3D bioprinted poly(lactic acid)/mesoporous bioactive glass based biomimetic scaffold with rapid apatite crystallization and in-vitro Cytocompatability for bone tissue engineering.

In the recent years, bone tissue engineering is regarded as the promising solution for treatment of bone defects which arises due to trauma, infection and surgical intervention. In view of this, several polymer or ceramic based constructs are envisaged for bone tissue engineering potential. However, scaffolds based on pure polymeric materials suffer from slow bioactivity characteristics.

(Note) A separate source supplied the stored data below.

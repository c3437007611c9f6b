-- ===== src/Value.antt =====
-- The values that the ledger writes as JSON (ledger/events.py `canonical_json`, and the payloads
-- and properties of every record): what Python's `json` reads and writes.
use lean_evolve.Prelude.{
  nat_eq_refl, ℕ, String, ◌≡◌, refl, Bool, true, false, ◌&&◌, Option, none, some, List, [], ◌∷◌,
  arith, eq_iff, eq_refl, ◌==◌, nat_eq, is_some, if◌then◌else◌,
}

-- An integer `int negative size`; a float, other than NaN, by its bits; `other` is a Python object
-- that JSON has no form for, by its name.
mutual
  pub data Value : Type 0 where
    null : Value
    bool : Bool → Value
    int : Bool → ℕ → Value
    float : ℕ → Value
    str : String → Value
    array : Items → Value
    dict : Fields → Value
    other : String → Value

  -- The entries of a `dict` with texts for keys.
  pub data Fields : Type 0 where
    empty : Fields
    entry : String → Value → Fields → Fields

  pub data Items : Type 0 where
    nil : Items
    cons : Value → Items → Items

-- `d.get(key)`
abbrev pub get : String → Fields → Option Value
get k empty = none
get k (entry j v d) = if k == j then some v else get k d

-- `key in d`
abbrev pub has : String → Fields → Bool
has k d = is_some (get k d)

abbrev pub keys : Fields → List String
keys empty = []
keys (entry k v d) = k ∷ keys d

abbrev bool_eq : Bool → Bool → Bool
bool_eq true b = b
bool_eq false true = false
bool_eq false false = true

-- `==` of two values that `json.loads` returned, entry by entry: unlike `==` of Python it tells apart
-- dicts in another order, and 1, 1.0 and True.
unfoldable mutual
  pub value_eq : Value → Value → Bool
  value_eq null null = true
  value_eq (bool a) (bool b) = bool_eq a b
  value_eq (int s a) (int t b) = bool_eq s t && nat_eq a b
  value_eq (float a) (float b) = nat_eq a b
  value_eq (str a) (str b) = a == b
  value_eq (array a) (array b) = items_eq a b
  value_eq (dict a) (dict b) = fields_eq a b
  value_eq (other a) (other b) = a == b
  value_eq _ _ = false

  pub items_eq : Items → Items → Bool
  items_eq nil nil = true
  items_eq (cons x xs) (cons y ys) = value_eq x y && items_eq xs ys
  items_eq _ _ = false

  pub fields_eq : Fields → Fields → Bool
  fields_eq empty empty = true
  fields_eq (entry j x d) (entry k y e) = j == k && value_eq x y && fields_eq d e
  fields_eq _ _ = false

&&-split : (a b : Bool) → (a && b) ≡ true → (a ≡ true) × (b ≡ true)
&&-split true b h = (refl, h)
&&-split false b h = (cc, cc)

cons_path : {x y : Value} {xs ys : Items} → x ≡ y → xs ≡ ys → cons x xs ≡ cons y ys
cons_path p q = cc

entry_path :
    {j k : String} {x y : Value} {d e : Fields} → j ≡ k → x ≡ y → d ≡ e → entry j x d ≡ entry k y e
entry_path p q r = cc

mutual
  unfolding value_eq items_eq fields_eq

  value_eq_sound_lem : (a b : Value) → value_eq a b ≡ true → a ≡ b
  value_eq_sound_lem (bool a) (bool b) h = ground arith
  value_eq_sound_lem (int s a) (int t b) h = ground arith
  value_eq_sound_lem (float a) (float b) h = ground arith
  value_eq_sound_lem (str a) (str b) h = ground (arith, eq_iff a b)
  value_eq_sound_lem (array a) (array b) h = ground (arith, items_eq_sound_lem a b)
  value_eq_sound_lem (dict a) (dict b) h = ground (arith, fields_eq_sound_lem a b)
  value_eq_sound_lem (other a) (other b) h = ground (arith, eq_iff a b)
  value_eq_sound_lem _ _ h = ground arith

  items_eq_sound_lem : (a b : Items) → items_eq a b ≡ true → a ≡ b
  items_eq_sound_lem (cons x xs) (cons y ys) h =
      let (p, q) = &&-split (value_eq x y) (items_eq xs ys) h in
      cons_path (value_eq_sound_lem x y p) (items_eq_sound_lem xs ys q)
  items_eq_sound_lem _ _ h = ground arith

  fields_eq_sound_lem : (a b : Fields) → fields_eq a b ≡ true → a ≡ b
  fields_eq_sound_lem (entry j x d) (entry k y e) h =
      let (p, q) = &&-split (j == k && value_eq x y) (fields_eq d e) h in
      let (a, b) = &&-split (j == k) (value_eq x y) p in
      entry_path ((eq_iff j k).0 a) (value_eq_sound_lem x y b) (fields_eq_sound_lem d e q)
  fields_eq_sound_lem _ _ h = ground arith

pub value_eq_sound : (a b : Value) → value_eq a b ≡ true → a ≡ b
value_eq_sound a b = value_eq_sound_lem a b

bool_eq_refl : (b : Bool) → bool_eq b b ≡ true
bool_eq_refl b = ground arith

mutual
  unfolding value_eq items_eq fields_eq

  value_eq_refl_lem : (a : Value) → value_eq a a ≡ true
  value_eq_refl_lem null = refl
  value_eq_refl_lem (bool b) = bool_eq_refl b
  value_eq_refl_lem (int s n) = rw (bool_eq_refl s) (nat_eq_refl n)
  value_eq_refl_lem (float n) = nat_eq_refl n
  value_eq_refl_lem (str s) = eq_refl s
  value_eq_refl_lem (array xs) = items_eq_refl_lem xs
  value_eq_refl_lem (dict d) = fields_eq_refl_lem d
  value_eq_refl_lem (other s) = eq_refl s

  items_eq_refl_lem : (xs : Items) → items_eq xs xs ≡ true
  items_eq_refl_lem nil = refl
  items_eq_refl_lem (cons x xs) = rw (value_eq_refl_lem x) (items_eq_refl_lem xs)

  fields_eq_refl_lem : (d : Fields) → fields_eq d d ≡ true
  fields_eq_refl_lem empty = refl
  fields_eq_refl_lem (entry k v d) =
      rw (eq_refl k) (rw (value_eq_refl_lem v) (fields_eq_refl_lem d))

pub value_eq_refl : (a : Value) → value_eq a a ≡ true
value_eq_refl a = value_eq_refl_lem a

-- The part of an optional value that the vocabulary reads: whether it is there, and its text.
abbrev pub shape : Option Value → Option (Option String)
shape none = none
shape (some (str s)) = some (some s)
shape (some v) = some none

-- The libraries that the ledger calls, as arguments: `json.dumps` with sorted keys and the compact
-- separators (`none` where it raises), `json.loads` of a text that `json.dumps` wrote, and the hex
-- digest of SHA-256 over the UTF-8 bytes of a text.
pub record Host : Type 0 where
  pub dumps : Value → Option String
  pub loads : String → Value
  pub sha256 : String → String

-- What is relied on of `json`: a `dict` with texts for keys comes back as a `dict` with the same
-- keys, and a text under a key as the same text.
abbrev pub KeepsFields : Host → Type 0
KeepsFields host =
    (d : Fields) (t : String)
    → host.dumps (dict d) ≡ some t
    → (e : Fields) × (host.loads t ≡ dict e) × ((k : String) → shape (get k e) ≡ shape (get k d))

On the other hand, scaffolds based on ceramic materials do not offer sufficient strength for load bearing applications. In order to overcome these drawbacks, the current work aims to develop mixed matrix scaffolds based on poly (L-lactic acid)/mesoporous bioactive glass composite with the formulation of 30:70 weight ratio, which mimics the natural bone composition. In the current work, PLA/MBG (30:70) composite based bioink suitable for 3D bioprinting is indigenously developed and its rheological characteristics are evaluated. The 3D architecture for PLA/MBG composite scaffold is designed using Solidworks CAD 2015 and the scaffolds are fabricated using pneumatic based 3D bioprinting technology, which has not been documented earlier for this formulation in view of bone tissue engineering in the best of our knowledge. Followed by this, optimization of printing parameters in order to develop 3D PLA/MBG composite constructs with hierarchical pore architecture suitable for bone tissue engineering is performed. The SEM analysis confirmed that the pore size of the 3D printed PLA/MBG composite scaffolds falls in the range of 500-700 μm, which corresponds to the macroporous nature of the scaffolds useful for bone cell growth. The mechanical analysis confirmed the superior compressive modulus and yield strength for PLA/MBG composite scaffold in comparison with neat PLA. The in-vitro bioactivity assessment showed rapid apatite crystallization by attaining Ca/P ratio of 1.66 equivalent to natural bone mineral within 3rd day of SBF treatment for PLA/MBG composite scaffold, thus indicating the excellent bioactivity behaviour. The 3D bioprinted PLA/MBG composite scaffold showed promising response in terms of cell attachment and proliferation, mineralization as well as gene expression characteristics while assessed through of in-vitro biological assessment using MG-63 osteosarcoma cells. In this regard, the 3D bioprinted PLA/MBG scaffold could be applied as potential implant for bone tissue engineering application.